Les autorités ont-elles peur des chrétiens anarchistes ?
On pourrait le penser, vu comment les services de police ont voulu décourager la poignée de chrétiens révolutionnaires qui désiraient monter une petite action politico-spirituelle quand, dans leur ville, s’est incrusté derrière le Pape le président de la République.
« Nous ne craignons pas tellement, au fond, dit-il, tous ces socialistes-anarchistes athées et révolutionnaires : nous les surveillons et nous connaissons leur jeu. Mais il est parmi eux, bien que peu nombreux, quelques hommes à part : ce sont ceux qui croient en Dieu en qui sont chrétiens en même temps que socialistes. Ce sont eux que nous craignons le plus, ce sont des gens redoutables ! Le socialiste-chrétien est plus redoutable que le socialiste-athée. »
Fiodor Dostoïevski, Les frères Karamazov
Car s’il est clair que nous sommes moins bruyants – et hélas moins nombreux – que les prétendus défenseurs des « racines chrétiennes de la France » (pourtant si prompts à refuser le christianisme sitôt qu’un Pape le propose à leur pays) nous sommes encore quelques chrétiens à nous souvenir que la Parole de Dieu invite à nous placer aux côtés des exclus, des étrangers, des exploités. Comme le disait le Pape dès le début de son pontificat : « un chrétien, s’il n’est pas révolutionnaire en ce temps, n’est pas chrétien ».

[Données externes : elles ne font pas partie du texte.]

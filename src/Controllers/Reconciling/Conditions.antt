-- ===== src/Controllers/Reconciling/Conditions.antt =====
-- The conditions of a resource over its reconciliations.
use thanos_operator.Common.{
  String, Bool, true, false, ◌==◌, List, [], ◌∷◌, Option, none, some, if◌then◌else◌, ◌≡◌, ◌≢◌, ◌⊎◌,
  refl, sym, ◌∙◌, ap, inl, inr, Bool-cases,
}
use mathlib.Core.Path.{subst}
use thanos_operator.Handlers.{not_found, no_match, other}
use thanos_operator.Controllers.{Synced, synced, sync_failed, sync_panics}
use thanos_operator.Controllers.Reconciling.{
  Condition, Status, Resource, Fetched, fetched, fetch_failed, Reconciled, reconciled, failed,
  panics, Cluster, condition_ready, condition_paused, with_condition, update_condition, after_sync,
  is_paused, reconcile_fetched, reconcile,
}

abbrev pub synced_state : {S : Type 0} → Synced S → S
synced_state (synced s) = s
synced_state (sync_failed s e) = s
synced_state (sync_panics s) = s

abbrev pub state_after : {S : Type 0} → Reconciled S → S
state_after (reconciled s) = s
state_after (failed s e) = s
state_after (panics s) = s

module _ {S Spec : Type 0} (cluster : Cluster S Spec) where
  -- Whoever is stored has status.paused set.
  abbrev pub IsMarked : S → Type 0
  IsMarked s = (r : Resource Spec) → cluster.get s ≡ fetched r → r.status.paused ≡ some true

  -- A write of the status is stored, or it fails and leaves what is stored.
  abbrev pub WritesStatus : Type 0
  WritesStatus =
      (s : S) (r : Resource Spec)
      → (cluster.get (cluster.update_status s r) ≡ fetched r)
        ⊎ (cluster.get (cluster.update_status s r) ≡ cluster.get s)

  -- What comes after stores no resource, or one with the status of the stored one.
  abbrev pub KeepsStatus : S → S → Type 0
  KeepsStatus s s' =
      (r' : Resource Spec)
      → cluster.get s' ≡ fetched r'
      → (r : Resource Spec) × (cluster.get s ≡ fetched r) × (r.status ≡ r'.status)

  KeepsStatus-IsMarked : (s s' : S) → KeepsStatus s s' → IsMarked s → IsMarked s'
  KeepsStatus-IsMarked s s' kept marked r' h =
      let (r, e, same) = kept r' h in ap (λ (st : Status). st.paused) (sym same) ∙ marked r e

  module _ (disable : Bool) (sync : Resource Spec → S → Synced S) where
    -- One step: a reconciliation, or a change by others that leaves the status.
    pub data Step : S → S → Type 0 where
      reconciles : (s : S) → Step s (state_after (reconcile cluster disable sync s))
      changes : (s s' : S) → KeepsStatus s s' → Step s s'

    pub data Steps : S → S → Type 0 where
      stop : (s : S) → Steps s s
      step : {s t u : S} → Step s t → Steps t u → Steps s u

  with_condition-paused :
      (r : Resource Spec) (c : Condition)
      → r.status.paused ≡ some true
      → (with_condition cluster r c).status.paused ≡ some true
  unfolding with_condition
  with_condition-paused r c h = elim (Bool-cases (c.condition_type == condition_paused)) [
    | inl e ↦ rw e refl
    | inr e ↦ rw e h
  ]

  update_condition-IsMarked :
      WritesStatus
      → (disable : Bool) (r : Resource Spec) (c : Condition) (s : S) → r.status.paused ≡ some true
      → IsMarked s
      → IsMarked (update_condition cluster disable r c s)
  unfolding update_condition
  update_condition-IsMarked writes true r c s h marked = marked
  update_condition-IsMarked writes false r c s h marked = λ r' found.
      elim (writes s (with_condition cluster r c)) [
        | inl e ↦
            let same : with_condition cluster r c ≡ r' = cc (sym e ∙ found) in
            subst (λ (x : Resource Spec). x.status.paused ≡ some true) same
              (with_condition-paused r c h)
        | inr e ↦ marked r' (sym e ∙ found)
      ]

  after_sync-IsMarked :
      WritesStatus
      → (disable : Bool) (sync : Resource Spec → S → Synced S) (r : Resource Spec)
        (result : Synced S)
      → r.status.paused ≡ some true
      → IsMarked (synced_state result)
      → IsMarked (state_after (after_sync cluster disable sync r result))
  unfolding after_sync
  after_sync-IsMarked writes disable sync r (synced s) h marked =
      update_condition-IsMarked writes disable r _ s h marked
  after_sync-IsMarked writes disable sync r (sync_failed s e) h marked =
      update_condition-IsMarked writes disable r _ s h marked
  after_sync-IsMarked writes disable sync r (sync_panics s) h marked = marked

  module _ (writes : WritesStatus) (disable : Bool) (sync : Resource Spec → S → Synced S)
      (syncs : (r : Resource Spec) (s : S) → KeepsStatus s (synced_state (sync r s))) where
    reconcile_fetched-IsMarked :
        (found : Fetched Spec) (s : S)
        → cluster.get s ≡ found
        → IsMarked s
        → IsMarked (state_after (reconcile_fetched cluster disable sync found s))
    unfolding reconcile_fetched
    reconcile_fetched-IsMarked (fetch_failed not_found) s e marked = marked
    reconcile_fetched-IsMarked (fetch_failed no_match) s e marked = marked
    reconcile_fetched-IsMarked (fetch_failed (other _)) s e marked = marked
    reconcile_fetched-IsMarked (fetched r) s e marked = elim (Bool-cases (is_paused r.paused)) [
      | inl p ↦
          rw (p, reconcile_fetched)
            (update_condition-IsMarked writes disable r _ s (marked r e) marked)
      | inr p ↦
          rw (p, reconcile_fetched)
            (after_sync-IsMarked writes disable sync r (sync r s) (marked r e)
              (KeepsStatus-IsMarked s (synced_state (sync r s)) (syncs r s) marked))
    ]

    -- Once the status of a resource says that it is paused, no sequence of reconciliations and of changes
    -- by others that leave the status makes it say anything else, whatever is done to the field by which
    -- users pause and resume the resource; where a write of the status is stored or fails without effect,
    -- and the sync leaves the status.
    pub reconcile-IsMarked : {s t : S} → Steps disable sync s t → IsMarked s → IsMarked t
    unfolding reconcile
    reconcile-IsMarked (stop s) marked = marked
    reconcile-IsMarked (step (reconciles s) rest) marked =
        reconcile-IsMarked rest (reconcile_fetched-IsMarked (cluster.get s) s refl marked)
    reconcile-IsMarked (step (changes s s' kept) rest) marked =
        reconcile-IsMarked rest (KeepsStatus-IsMarked s s' kept marked)

-- `meta.FindStatusCondition`, in the sense of its documentation: the first condition of the type.
unfoldable pub find_condition : String → List Condition → Option Condition
find_condition condition_type [] = none
find_condition condition_type (c ∷ conditions) =
    if c.condition_type == condition_type then some c else find_condition condition_type conditions

module _ {S Spec : Type 0} (cluster : Cluster S Spec) where
  -- A condition that is set is found.
  abbrev pub SetsCondition : Type 0
  SetsCondition =
      (conditions : List Condition) (c : Condition)
      → find_condition c.condition_type (cluster.set_status_condition conditions c) ≡ some c

  -- The stored resource has the condition "Ready", with the given status.
  abbrev pub HasReady : S → Bool → Type 0
  HasReady s ready =
      (r : Resource Spec) × (cluster.get s ≡ fetched r)
      × (c : Condition) × (find_condition condition_ready r.status.conditions ≡ some c)
      × (c.status ≡ ready)

  -- Whether an error is returned.
  abbrev pub is_reconciled : Reconciled S → Bool
  is_reconciled (reconciled s) = true
  is_reconciled (failed s e) = false
  is_reconciled (panics s) = false

  module _ (sets : SetsCondition)
      (stores : (s : S) (r : Resource Spec)
        → cluster.get (cluster.update_status s r) ≡ fetched r) where
    update_condition-HasReady :
        (r : Resource Spec) (ready : Bool) (reason : String) (s : S)
        → HasReady
            (update_condition cluster false r
              (record { condition_type = condition_ready; status = ready; reason = reason })
              s)
            ready
    unfolding update_condition with_condition
    update_condition-HasReady r ready reason s =
        let c : Condition = record {
          condition_type = condition_ready;
          status = ready;
          reason = reason;
        } in
        (
          with_condition cluster r c,
          stores s (with_condition cluster r c),
          c,
          sets r.status.conditions c,
          refl,
        )

    after_sync-HasReady :
        (sync : Resource Spec → S → Synced S) (r : Resource Spec) (result : Synced S)
        → ((s : S) → result ≢ sync_panics s)
        → HasReady
            (state_after (after_sync cluster false sync r result))
            (is_reconciled (after_sync cluster false sync r result))
    unfolding after_sync
    after_sync-HasReady sync r (synced s) never =
        update_condition-HasReady r true "ReconcileComplete" s
    after_sync-HasReady sync r (sync_failed s e) never =
        update_condition-HasReady r false "ReconcileError" s
    after_sync-HasReady sync r (sync_panics s) never = absurd (never s refl)

    -- A reconciliation of a resource that is not paused, whose sync returns, leaves the condition
    -- "Ready" on the stored resource, and it is true exactly if the reconciliation returns no error; where
    -- the library sets the condition it is given, and the write of the status succeeds.
    pub reconcile-HasReady :
        (sync : Resource Spec → S → Synced S) (s : S) (r : Resource Spec)
        → cluster.get s ≡ fetched r
        → is_paused r.paused ≡ false
        → ((s' : S) → sync r s ≢ sync_panics s')
        → HasReady
            (state_after (reconcile cluster false sync s))
            (is_reconciled (reconcile cluster false sync s))
    unfolding reconcile reconcile_fetched
    reconcile-HasReady sync s r found running returns =
        rw (found, reconcile_fetched, running) (after_sync-HasReady sync r (sync r s) returns)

Aussi avons-nous cru impossible de nous taire quand nous avons appris que le président qui garantit l’ordre raciste, brutal, inéquitable et meurtrier, voulait faire les honneurs au Pape qui n’a de cesse de proclamer, avec le Christ, que nous sommes Tous Frères (c’est-à-dire, même avec les arabes, les musulmans, les migrants, les homos, les gauchos et les pauvres). Comme le même jour devaient se tenir des mobilisations contre les meurtres policiers et autres crimes d’Etat, l’islamophobie permanente et le…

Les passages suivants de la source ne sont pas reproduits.